Anticipated Board Questions & Prepared Responses

Q: How did this happen?

A: "Based on preliminary forensics, the attacker gained access via [attack vector]. The investigation is ongoing to determine if there were vulnerabilities in our defenses. We'll have a complete root cause analysis by [Date]."

Q: Could this have been prevented?

A: "We had [security measures] in place, but clearly they were insufficient against this attack. We're implementing [additional measures] to prevent recurrence. The post-incident review will identify specific failures and corrective actions."

Q: Is this a material event requiring SEC disclosure?

A: "We're evaluating materiality with legal counsel. If the incident meets the 4-day disclosure threshold, we'll file Form 8-K. Current assessment: [material/not material] based on [financial impact/business disruption/competitive harm]."

Q: What are we doing to prevent this from happening again?

A: "Short-term: [Specific technical fixes]. Long-term: [Strategic security investments, third-party audit, enhanced monitoring]. We're also reviewing our incident response capabilities and plan to conduct quarterly tabletop exercises."

Q: Should we disclose this publicly before we're required to?

A: "We've consulted with legal counsel and PR advisors. Current recommendation: [Comply with legal deadlines but no proactive disclosure / Proactive disclosure to control narrative]. Rationale: [Brief explanation]. Open to board guidance."

Q: How does this compare to industry breaches?

A: "Similar breaches in [industry] have cost $[X]M-$[Y]M on average. Our current estimate of $[Z]M is [within/below/above] industry norms. [Notable comparison if relevant]."

Presenter Notes: Know these answers cold.
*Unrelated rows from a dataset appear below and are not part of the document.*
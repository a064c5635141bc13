-- ===== src/State/Disk.antt =====
-- The lock file on a lawful file system: `Get` and `Write`.
use runtime_class_manager.Base.{
  ◌≡◌, ◌≢◌, refl, sym, ◌∙◌, Option, [], Text, text_eq, ==_refl, ==_ne, arith, inl, inr,
}
use runtime_class_manager.Base.Dict.{lookup}
use runtime_class_manager.Go.Outcome.{ok}
use runtime_class_manager.Go.Outcome.Laws.{Outcome-cases}
use runtime_class_manager.Go.Json.Print.{marshal_indent}
use runtime_class_manager.Machine.{Fs}
use runtime_class_manager.Machine.Laws.{IsLawful}
use runtime_class_manager.State.{State, to_value, get, write, loaded, parsed_state, lock_path}
use runtime_class_manager.State.Entry.{Shim}
use runtime_class_manager.State.Store.{
  Holds, absent, written, Finds, find_shim-Finds, parse_shims-marshal_indent,
}

module _ {W : Type 0} (fs : Fs W) (L : IsLawful fs) where
  -- What stands in the lock file.
  abbrev pub lock_content : Text → W → Option Text
  lock_content rcm_path w = L.content w (L.resolve (lock_path rcm_path))

  pub get-Finds :
      (rcm_path : Text) (w : W) {st : State} {find : Text → Option (Option Shim)}
      → Holds (lock_content rcm_path w) find
      → (get fs rcm_path w).0 ≡ ok st
      → Finds st find
  unfolding get loaded parsed_state lookup
  get-Finds rcm_path w (absent none_there unknown) h =
      elim (Outcome-cases (fs.read_file (lock_path rcm_path) w).0) [
        | inl (t, e) ↦ absurd (ground (arith, L.content-read_file (lock_path rcm_path) t w e))
        | inr (inl (e, p)) ↦ record {
          map = [];
          shims-map = ground arith;
          map-IsCleanMap = record { entries = tt; distinct = tt };
          lookup-map = λ name. sym (unknown name);
        }
        | inr (inr (t, p)) ↦ absurd (ground arith)
      ]
  get-Finds rcm_path w (written text d there parsed clean agrees) h =
      elim (Outcome-cases (fs.read_file (lock_path rcm_path) w).0) [
        | inl (t, e) ↦ record {
          map = d;
          shims-map = ground (arith, L.content-read_file (lock_path rcm_path) t w e);
          map-IsCleanMap = clean;
          lookup-map = agrees;
        }
        | inr (inl (e, p)) ↦ absurd (ground (arith, L.missing-read_file (lock_path rcm_path) e w p))
        | inr (inr (t, p)) ↦ absurd (ground arith)
      ]

  pub write-Holds :
      (st : State) (w : W) {find : Text → Option (Option Shim)}
      → Finds st find
      → (write fs st w).0 ≡ ok tt
      → Holds (L.content (write fs st w).1 (L.resolve st.lock_file_path)) find
  unfolding write
  write-Holds st w f h =
      let (d', parsed, clean, found) =
        parse_shims-marshal_indent st f.map f.shims-map f.map-IsCleanMap in
      written (marshal_indent (to_value st)) d'
        (L.content-write_file st.lock_file_path (marshal_indent (to_value st)) w
            (L.resolve st.lock_file_path) h
          ∙ rw ==_refl refl)
        parsed clean (λ name. found name ∙ find_shim-Finds f name)

  pub write-others :
      (st : State) (w : W) (q : Text)
      → q ≢ L.resolve st.lock_file_path
      → (write fs st w).0 ≡ ok tt
      → L.content (write fs st w).1 q ≡ L.content w q
  unfolding write
  write-others st w q other h =
      L.content-write_file st.lock_file_path (marshal_indent (to_value st)) w q h
      ∙ rw (==_ne q (L.resolve st.lock_file_path) other) refl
Don't speculate. If you don't know, say "we're investigating and will update you by [date]." Never say "no big deal."

Frequently Asked Questions

What should I tell the board about a data breach?

Tell the board: what happened, when you discovered it, how many people/systems are affected, what data was involved, regulatory implications, financial impact, actions taken, next steps, and timeline. Be factual, concise, and focus on business impact.

How soon should I brief the board after a breach?

Notify the board within 24-48 hours of discovery for material breaches. Provide initial facts immediately, then a detailed briefing within 72 hours. Board oversight is required for regulatory compliance and fiduciary duty.

What questions will the board ask about a breach?

Expect questions about: total cost, regulatory fines, insurance coverage, customer impact, litigation risk, how it happened, why defenses failed, prevention measures, and whether this is a material event requiring SEC disclosure.